Young patients are also attractive candidates for BVS for exactly the same reasons as mentioned above. Patients that require a dedicated two-stent technique for the treatment of a coronary bifurcation may also fare better with a BVS especially when a mini-crush or T-stenting technique is undertaken (see Figure 2). It is important when considering BVS for this indication to ensure that the side branch diameter is ≥2.5 mm as this is the smallest BVS available, and that the main branch can accommodate =450 µm of struts on the other side of the carina, which will result after a mini-crush technique. Although BVS use in this setting can be slightly challenging, it can be achieved by ensuring adequate predilatation with a balloon of the same diameter as the BVS intended to be implanted. This applies for any lesion to be treated with BVS as it helps to ensure complete BVS expansion.

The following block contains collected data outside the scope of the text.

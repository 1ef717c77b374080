-- ===== src/Server/Lru/Recency.antt =====
-- What cmd/flowd/server/lru.go promises: the entries, most recently used first, and the calls on them.
use llm_agent_flow.Base.{
  ℕ, String, ◌&&◌, Option, none, some, List, [], ◌∷◌, ◌≡◌, refl, ◌≤◌, ◌<◌, length, ltb, arith,
  eq_refl, ◌==◌, if◌then◌else◌, Option-match,
}
use llm_agent_flow.Server.Lru.{CacheEntry}

module _ {A : Type 0} where
  abbrev pub find : String → List (CacheEntry A) → Option (CacheEntry A)
  find key [] = none
  find key (e ∷ recent) = if e.key == key then some e else find key recent

  abbrev pub drop : String → List (CacheEntry A) → List (CacheEntry A)
  drop key [] = []
  drop key (e ∷ recent) = if e.key == key then recent else e ∷ drop key recent

  abbrev pub drop_last : List (CacheEntry A) → List (CacheEntry A)
  drop_last [] = []
  drop_last (e ∷ []) = []
  drop_last (e ∷ f ∷ recent) = e ∷ drop_last (f ∷ recent)

  unfoldable pub used : String → List (CacheEntry A) → Option A × List (CacheEntry A)
  used key recent = elim (find key recent) [
    | none ↦ (none, recent)
    | some e ↦ (some e.value, e ∷ drop key recent)
  ]

  -- A full list (`cap` of 0 is never full) makes room for a new key at its end.
  unfoldable pub room : ℕ → List (CacheEntry A) → List (CacheEntry A)
  room capacity recent =
      if ltb 0 capacity && ltb capacity (length recent) then drop_last recent else recent

  unfoldable pub stored : ℕ → String → A → List (CacheEntry A) → List (CacheEntry A)
  unfolding room
  stored capacity key value recent =
      let e : CacheEntry A = record { key = key; value = value } in
      elim (find key recent) [ none ↦ room capacity (e ∷ recent) | some old ↦ e ∷ drop key recent ]

  pub length-drop_last :
      (e : CacheEntry A) (l : List (CacheEntry A)) → length (drop_last (e ∷ l)) ≡ length l
  length-drop_last e [] = omega arith
  length-drop_last e (f ∷ l) = omega (arith, length-drop_last f l)

  pub length-drop : (key : String) (l : List (CacheEntry A)) → length (drop key l) ≤ length l
  length-drop key [] = omega arith
  length-drop key (e ∷ l) = ground (arith, length-drop key l)

  length-drop_found :
      (key : String) (l : List (CacheEntry A)) (e : CacheEntry A)
      → find key l ≡ some e
      → length (drop key l) < length l
  length-drop_found key [] e h = cc
  length-drop_found key (f ∷ l) e h = ground (arith, length-drop_found key l e)

  -- A list of at most `capacity` entries stays one.
  pub length-room :
      (capacity : ℕ) (e : CacheEntry A) (l : List (CacheEntry A))
      → 0 < capacity
      → length l ≤ capacity
      → length (room capacity (e ∷ l)) ≤ capacity
  unfolding room
  length-room capacity e l positive h = ground (arith, length-drop_last e l)

  pub length-stored :
      (capacity : ℕ) (key : String) (value : A) (l : List (CacheEntry A))
      → 0 < capacity
      → length l ≤ capacity
      → length (stored capacity key value l) ≤ capacity
  unfolding stored
  length-stored capacity key value l positive h =
      let entry : CacheEntry A = record { key = key; value = value } in
      Option-match (λ r. length r ≤ capacity) (find key l) {f = λ e. entry ∷ drop key l}
        (λ absent. length-room capacity entry l positive h)
        (λ e found. omega (arith, h, length-drop_found key l e found))

  pub length-used : (key : String) (l : List (CacheEntry A)) → length (used key l).1 ≤ length l
  unfolding used
  length-used key l =
      Option-match {B = Option A × List (CacheEntry A)} (λ r. length r.1 ≤ length l) (find key l)
        (λ absent. omega arith) (λ e found. omega (arith, length-drop_found key l e found))

  find-room :
      (capacity : ℕ) (e : CacheEntry A) (l : List (CacheEntry A))
      → find e.key (room capacity (e ∷ l)) ≡ some e
  unfolding room
  find-room capacity e [] = ground (arith, eq_refl e.key)
  find-room capacity e (f ∷ l) = ground (arith, eq_refl e.key)

  find-stored :
      (capacity : ℕ) (key : String) (value : A) (l : List (CacheEntry A))
      → find key (stored capacity key value l) ≡ some (record { key = key; value = value })
  unfolding stored
  find-stored capacity key value l =
      let entry : CacheEntry A = record { key = key; value = value } in
      Option-match (λ r. find key r ≡ some entry) (find key l) {f = λ e. entry ∷ drop key l}
        (λ absent. find-room capacity entry l) (λ e found. ground (arith, eq_refl key))

  -- A stored key is at the front.
  pub used-stored :
      (capacity : ℕ) (key : String) (value : A) (l : List (CacheEntry A))
      → (used key (stored capacity key value l)).0 ≡ some value
  unfolding used
  used-stored capacity key value l = rw (used, find-stored capacity key value l) refl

The advantage of using BVS for a dedicated two-stent strategy is that the 'congestion' of struts after a mini-crush technique is undertaken stops being an issue as the scaffold undergoes hydrolysis. It is important to note here that we do not advocate the use of a 'culotte' technique with BVS as these result in relatively long segments of BVS overlap.

Although BVS can be used for most lesions, there are certain occasions that these should be avoided or at least used with caution. However, this does not include patients with heavily calcified lesions, as currently available tools such as rotational atherectomy, scoring, cutting and ultra-high pressure balloons can ensure that a calcified lesion is well-prepared for BVS implantation. This is a principle that applies also to conventional DES. In our experience, excellent results can be obtained with BVS in such lesions when meticulous lesion preparation as well as post-dilatation have been performed. Occasions where BVS use may not be appropriate includes the treatment of lesions where vessel diameter is <2.5 mm not only because a 2.25 mm BVS is not available but also because the thicker struts of currently available devices may lead to significant lumen reductions. They should also not be used when vessel diameter is >4.0 mm as the largest available BVS is 3.5 mm and the maximum recommended balloon diameter that can be used for this is 4.0 mm (0.5 mm tolerance). In our opinion, they should also be used with caution in STEMI until evidence with regards to BVS use in this context becomes available. Finally, although the use of BVS can theoretically allow shorter periods of dual-antiplatelet therapy (DAPT) due to the inherent biocompatibility of the device, it is not yet known whether this is possible or not. Thus, for patients in whom a DES is required and DAPT cannot be given for more than six months it is perhaps judicious to use a second generation metallic DES for which a shorter DAPT period is possible such as the XIENCE PRIME or XIENCE V® (Abbott Vascular, Santa Clara, California, US) or the Endeavor Resolute (Medtronic, Santa Rosa, California, US).

Conclusion
BVS have the potential of revolutionising the percutaneous treatment of CAD as their greater biocompatibility and eventual resorption offer the possibility of further improving clinical outcomes whilst maintaining the future option of further revascularisation if necessary. In our experience, BVS can be used in a wide-range of lesions with good procedural and early outcome results. Patients that may especially benefit from this technology include those with multivessel disease, diffusely diseased vessels, bifurcation lesions and those of younger age. They should, however, be avoided in patients with too large (>4.0 mm) or too small (<2.5 mm) vessels for currently available devices. They should also be used with caution in patients with STEMI and in those that may require shorter DAPT durations until further evidence becomes available.